Food Safety Roundup 10th June 2014

Food safety in Australia

It is always good to get to the end of a long weekend and not have food poisoning the lead story in the news. Given that last year the two big out breaks were during Melbourne Cup Day and Mother’s Day, I think the queen did quite well to celebrate a birthday without a dose of Montezumas Revenge. Not that it was the Queen’s birthday, and could you imagine being the restaurant that poisoned the queen?

Food safety around the world

Deli slicers – the ultimate food poisoning machine

 

Deli Slicer - The ultimate food poisoning machine?

Deli Slicer – The ultimate food poisoning machine?

Imagine a machine that could deliver a thin layer of salmonella across slices of ham and salami. From there it could nicely feast on meat that would not be cooked or heated. What an incredibly efficient way to deliver food poisoning.

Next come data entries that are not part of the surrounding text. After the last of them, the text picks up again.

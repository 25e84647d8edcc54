-- ===== src/Backtest/Config.antt =====
-- tennis/cmd/backtestbets/backtest.go: the configuration of a backtest, and its check. The paths,
-- the seed and the logger are not kept.
pub mod Usable
use calculated_tennis.Base.{
  ℕ, Bool, true, false, not, ◌&&◌, ◌||◌, Option, none, some, if◌then◌else◌, Result, ok, err, ◌>>◌,
  reject_if, List, [], ◌∷◌, ◌++◌, Text, codes, text_test, is_empty, ℤ, pos, ltℤ, Float64, float_eq,
}
use calculated_tennis.MoneyManager.Decimals.{Decimal}

abbrev pub singles : Text
singles = codes "singles"

abbrev pub parlay : Text
parlay = codes "parlay"

pub data ConfigError : Type 0 where
  bad_sims bad_alpha bad_min_pick negative_min_odds low_min_odds bad_stake : ConfigError
  bad_initial_balance bad_max_pct_balance bad_min_share_size : ConfigError
  malformed_max_order negative_max_order bad_max_parlay bad_bet_mode : ConfigError

-- A test with the error that is returned where it holds.
abbrev pub Check : Type 0
Check = Bool × ConfigError

-- `if bad { return err }`, one after the other.
unfoldable pub first_error : List Check → Result ConfigError (Unit {0})
first_error [] = ok tt
first_error ((bad, e) ∷ rest) = reject_if bad e >> first_error rest

module _ (R : Float64) where
  open R use {F, zero, one, lt, le}

  pub record MoneyManagerConfig : Type 0 where
    pub initial_balance : F
    -- Empty is no cap.
    pub max_order_usdc : Text
    pub max_pct_balance : F
    pub min_share_size : F

  pub record BacktestConfig : Type 0 where
    pub sims : ℤ
    pub alpha : F
    pub min_pick : F
    pub min_odds : F
    pub require_positive_ev : Bool
    pub stake : F
    pub money_manager : Option MoneyManagerConfig
    pub bet_log_dir : Text
    pub bet_mode : Text
    pub max_parlay_matches : ℤ

  abbrev pub normalized_stake : F → F
  normalized_stake stake = if float_eq R stake zero then one else stake

  abbrev pub normalized_mode : Text → Text
  normalized_mode mode = if is_empty mode then singles else mode

  -- The configuration that `validate` leaves.
  abbrev pub normalized : BacktestConfig → BacktestConfig
  normalized cfg = record {
    sims = cfg.sims;
    alpha = cfg.alpha;
    min_pick = cfg.min_pick;
    min_odds = cfg.min_odds;
    require_positive_ev = cfg.require_positive_ev;
    stake = normalized_stake cfg.stake;
    money_manager = cfg.money_manager;
    bet_log_dir = cfg.bet_log_dir;
    bet_mode = normalized_mode cfg.bet_mode;
    max_parlay_matches = cfg.max_parlay_matches;
  }

  -- `x <= 0 || x > 1`.
  abbrev pub outside_share : F → Bool
  outside_share x = le x zero || lt one x

  module _ (M : Decimal) where
    abbrev pub cap_checks : Option M.D → List Check
    cap_checks none = (true, malformed_max_order) ∷ []
    cap_checks (some limit) = (M.is_negative limit, negative_max_order) ∷ []

    abbrev pub max_order_checks : Text → List Check
    max_order_checks raw = if is_empty raw then [] else cap_checks (M.parse raw)

    abbrev pub money_manager_checks : Option MoneyManagerConfig → List Check
    money_manager_checks none = []
    money_manager_checks (some mm) =
        (le mm.initial_balance zero, bad_initial_balance)
        ∷ (outside_share mm.max_pct_balance, bad_max_pct_balance)
        ∷ (le mm.min_share_size zero, bad_min_share_size)
        ∷ max_order_checks mm.max_order_usdc

    abbrev pub mode_checks : Text → ℤ → List Check
    mode_checks mode max_parlay =
        if text_test mode singles
        then []
        else if text_test mode parlay
        then (ltℤ max_parlay (pos 1), bad_max_parlay) ∷ []
        else (true, bad_bet_mode) ∷ []

    -- The checks in the order of the code.
    abbrev pub range_checks : BacktestConfig → List Check
    range_checks cfg =
        (ltℤ cfg.sims (pos 1), bad_sims)
        ∷ (le cfg.alpha zero, bad_alpha)
        ∷ (outside_share cfg.min_pick, bad_min_pick)
        ∷ (lt cfg.min_odds zero, negative_min_odds)
        ∷ (lt zero cfg.min_odds && lt cfg.min_odds one, low_min_odds)
        ∷ (le (normalized_stake cfg.stake) zero, bad_stake)
        ∷ []

    abbrev pub checks : BacktestConfig → List Check
    checks cfg =
        range_checks cfg
        ++ money_manager_checks cfg.money_manager
        ++ mode_checks (normalized_mode cfg.bet_mode) cfg.max_parlay_matches

    unfoldable pub validate : BacktestConfig → Result ConfigError BacktestConfig
    unfolding first_error
    validate cfg = first_error (checks cfg) >> ok (normalized cfg)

And the Washington State Department found such an incredibly efficient device when the investigated an outbreak of Salmonella poisoning linked to a franchise of a national sandwich chain. Upon dismantelling the meat slicer they discovered a build up of black slime made up of decomposied bits of meat and other food. It has made its way through broken seals and was an untouchable mass of rotting meat.

Soaking the slicer in heavy duty sanitizing solution was not having an impact. That wasn’t to say that it wasn’t being removed because it was slowly leaching away onto the food.

Their investigation then widened to other stores and the problem was found over and over. The laws changed and machines have now improved, but old machines still exist.

The full story can be found at FoodSafetyNews.com. While this is a US based story, the warning is still there for delis and supermarkets in Australia.

Another mad cows disease victim dies in the US

The fourth confirmed death due to variant Creutzfeldt-Jakob Disease (CJD) was announced this week.

But the Centers for Disease Control and Prevention and the Texas Department of State Health Services are saying the infection was likely to have occured while the victim was in Europe or the Middle East.

In one sense it is meant to bring calm (“it’s ok to eat your giant Texan steak”) but at the same time it’s saying that anyone who travelled in Europe or the Middle East over the last couple of decades could have a ticking time bomb in them. Now I’m regretting that hamburger I had in a London stopover.